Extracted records
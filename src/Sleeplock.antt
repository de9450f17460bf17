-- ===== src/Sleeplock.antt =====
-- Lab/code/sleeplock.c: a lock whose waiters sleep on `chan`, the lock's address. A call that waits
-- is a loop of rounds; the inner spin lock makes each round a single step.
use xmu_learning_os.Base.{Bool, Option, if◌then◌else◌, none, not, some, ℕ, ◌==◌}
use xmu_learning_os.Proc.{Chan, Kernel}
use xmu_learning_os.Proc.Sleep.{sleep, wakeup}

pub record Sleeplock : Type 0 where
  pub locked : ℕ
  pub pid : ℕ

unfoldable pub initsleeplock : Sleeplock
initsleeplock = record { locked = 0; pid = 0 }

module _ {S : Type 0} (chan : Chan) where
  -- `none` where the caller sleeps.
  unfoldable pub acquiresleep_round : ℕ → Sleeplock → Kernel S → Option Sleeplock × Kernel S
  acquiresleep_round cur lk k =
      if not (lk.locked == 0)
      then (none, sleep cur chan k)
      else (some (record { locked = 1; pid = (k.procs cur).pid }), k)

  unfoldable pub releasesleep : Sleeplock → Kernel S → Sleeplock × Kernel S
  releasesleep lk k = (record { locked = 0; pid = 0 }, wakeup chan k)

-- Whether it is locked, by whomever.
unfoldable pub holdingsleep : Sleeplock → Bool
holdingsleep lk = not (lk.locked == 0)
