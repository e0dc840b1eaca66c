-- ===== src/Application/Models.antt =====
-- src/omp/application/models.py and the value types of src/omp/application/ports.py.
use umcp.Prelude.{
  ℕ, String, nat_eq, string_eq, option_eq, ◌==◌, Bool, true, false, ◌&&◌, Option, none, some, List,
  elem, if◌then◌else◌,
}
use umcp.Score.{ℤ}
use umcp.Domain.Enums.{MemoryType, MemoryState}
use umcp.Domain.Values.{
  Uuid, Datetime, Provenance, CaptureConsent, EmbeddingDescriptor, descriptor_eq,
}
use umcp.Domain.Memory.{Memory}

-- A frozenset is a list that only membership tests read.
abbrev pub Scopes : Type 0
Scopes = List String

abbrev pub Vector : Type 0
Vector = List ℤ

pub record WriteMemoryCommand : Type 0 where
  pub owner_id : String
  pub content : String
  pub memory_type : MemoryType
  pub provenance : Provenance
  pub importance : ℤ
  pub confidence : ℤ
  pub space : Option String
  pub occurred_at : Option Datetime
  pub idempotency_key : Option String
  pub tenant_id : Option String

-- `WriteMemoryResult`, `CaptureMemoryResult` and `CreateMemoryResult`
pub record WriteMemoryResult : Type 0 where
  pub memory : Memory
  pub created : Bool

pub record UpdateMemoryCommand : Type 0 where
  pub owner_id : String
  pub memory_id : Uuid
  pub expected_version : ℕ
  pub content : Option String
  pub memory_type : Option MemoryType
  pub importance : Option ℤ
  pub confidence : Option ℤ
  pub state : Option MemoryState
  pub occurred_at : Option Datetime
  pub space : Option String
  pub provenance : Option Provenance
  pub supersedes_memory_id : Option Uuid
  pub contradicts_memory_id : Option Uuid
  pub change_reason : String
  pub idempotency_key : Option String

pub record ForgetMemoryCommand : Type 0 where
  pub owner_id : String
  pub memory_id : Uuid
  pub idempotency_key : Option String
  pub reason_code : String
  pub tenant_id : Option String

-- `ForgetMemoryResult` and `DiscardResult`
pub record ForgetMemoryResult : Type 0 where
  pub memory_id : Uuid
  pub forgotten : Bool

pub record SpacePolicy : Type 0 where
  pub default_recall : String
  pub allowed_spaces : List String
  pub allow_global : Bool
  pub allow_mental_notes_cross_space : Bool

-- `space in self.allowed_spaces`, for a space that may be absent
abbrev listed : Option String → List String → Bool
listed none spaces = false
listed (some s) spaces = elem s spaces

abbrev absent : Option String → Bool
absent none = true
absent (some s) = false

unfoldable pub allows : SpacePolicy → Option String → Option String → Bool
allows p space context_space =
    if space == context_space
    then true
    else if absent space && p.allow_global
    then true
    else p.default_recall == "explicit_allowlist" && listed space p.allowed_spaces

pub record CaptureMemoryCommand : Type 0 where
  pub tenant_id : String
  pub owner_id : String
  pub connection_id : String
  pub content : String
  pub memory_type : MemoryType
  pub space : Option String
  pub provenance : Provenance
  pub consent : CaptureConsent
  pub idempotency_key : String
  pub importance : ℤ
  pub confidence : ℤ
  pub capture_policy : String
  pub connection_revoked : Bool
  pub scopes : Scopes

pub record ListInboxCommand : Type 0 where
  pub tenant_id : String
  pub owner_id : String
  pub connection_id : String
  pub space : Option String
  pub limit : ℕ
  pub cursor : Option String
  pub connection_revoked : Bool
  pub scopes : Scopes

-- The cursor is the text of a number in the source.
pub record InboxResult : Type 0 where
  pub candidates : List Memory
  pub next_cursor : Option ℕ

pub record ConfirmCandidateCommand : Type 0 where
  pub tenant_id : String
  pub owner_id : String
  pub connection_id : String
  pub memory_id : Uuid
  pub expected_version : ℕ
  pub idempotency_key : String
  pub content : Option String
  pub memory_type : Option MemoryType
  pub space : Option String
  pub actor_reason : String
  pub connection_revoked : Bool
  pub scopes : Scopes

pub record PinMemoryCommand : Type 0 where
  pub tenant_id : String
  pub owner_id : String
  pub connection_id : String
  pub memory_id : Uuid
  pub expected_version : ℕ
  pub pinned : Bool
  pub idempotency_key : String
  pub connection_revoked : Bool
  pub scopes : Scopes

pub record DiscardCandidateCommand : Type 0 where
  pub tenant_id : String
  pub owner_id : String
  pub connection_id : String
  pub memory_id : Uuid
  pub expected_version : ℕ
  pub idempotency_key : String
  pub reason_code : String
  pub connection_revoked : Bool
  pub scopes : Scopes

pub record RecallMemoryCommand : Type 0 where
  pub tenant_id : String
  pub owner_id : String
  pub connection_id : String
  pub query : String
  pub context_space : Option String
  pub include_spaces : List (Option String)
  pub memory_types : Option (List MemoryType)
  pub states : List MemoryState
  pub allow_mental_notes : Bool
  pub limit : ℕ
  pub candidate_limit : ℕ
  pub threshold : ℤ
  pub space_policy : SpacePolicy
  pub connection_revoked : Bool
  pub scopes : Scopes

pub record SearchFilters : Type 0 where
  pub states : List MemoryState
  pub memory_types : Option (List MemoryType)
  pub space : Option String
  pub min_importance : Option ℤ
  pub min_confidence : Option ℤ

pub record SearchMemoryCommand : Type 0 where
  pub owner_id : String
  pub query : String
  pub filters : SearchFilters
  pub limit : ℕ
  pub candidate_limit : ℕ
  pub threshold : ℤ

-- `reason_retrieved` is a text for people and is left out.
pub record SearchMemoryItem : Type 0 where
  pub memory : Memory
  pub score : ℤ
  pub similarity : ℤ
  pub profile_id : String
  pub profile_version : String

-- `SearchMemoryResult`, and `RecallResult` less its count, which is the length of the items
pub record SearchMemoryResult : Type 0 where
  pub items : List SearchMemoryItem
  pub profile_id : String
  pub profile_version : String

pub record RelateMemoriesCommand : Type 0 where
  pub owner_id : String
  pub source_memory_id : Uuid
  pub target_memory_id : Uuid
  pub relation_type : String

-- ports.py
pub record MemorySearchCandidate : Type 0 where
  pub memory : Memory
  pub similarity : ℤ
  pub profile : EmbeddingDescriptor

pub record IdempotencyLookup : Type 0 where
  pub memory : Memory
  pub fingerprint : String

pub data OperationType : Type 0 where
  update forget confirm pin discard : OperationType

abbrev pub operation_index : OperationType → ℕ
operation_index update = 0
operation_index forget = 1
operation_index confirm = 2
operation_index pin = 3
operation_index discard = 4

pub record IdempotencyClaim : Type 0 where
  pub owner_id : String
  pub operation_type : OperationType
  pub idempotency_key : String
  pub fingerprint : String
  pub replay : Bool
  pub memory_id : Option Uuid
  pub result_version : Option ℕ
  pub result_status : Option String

Problem: In the entries, find every line holding "Provenance" and copy it.

Response to this exercise:
  Uuid, Datetime, Provenance, CaptureConsent, EmbeddingDescriptor, descriptor_eq,
  pub provenance : Provenance
  pub provenance : Option Provenance
  pub provenance : Provenance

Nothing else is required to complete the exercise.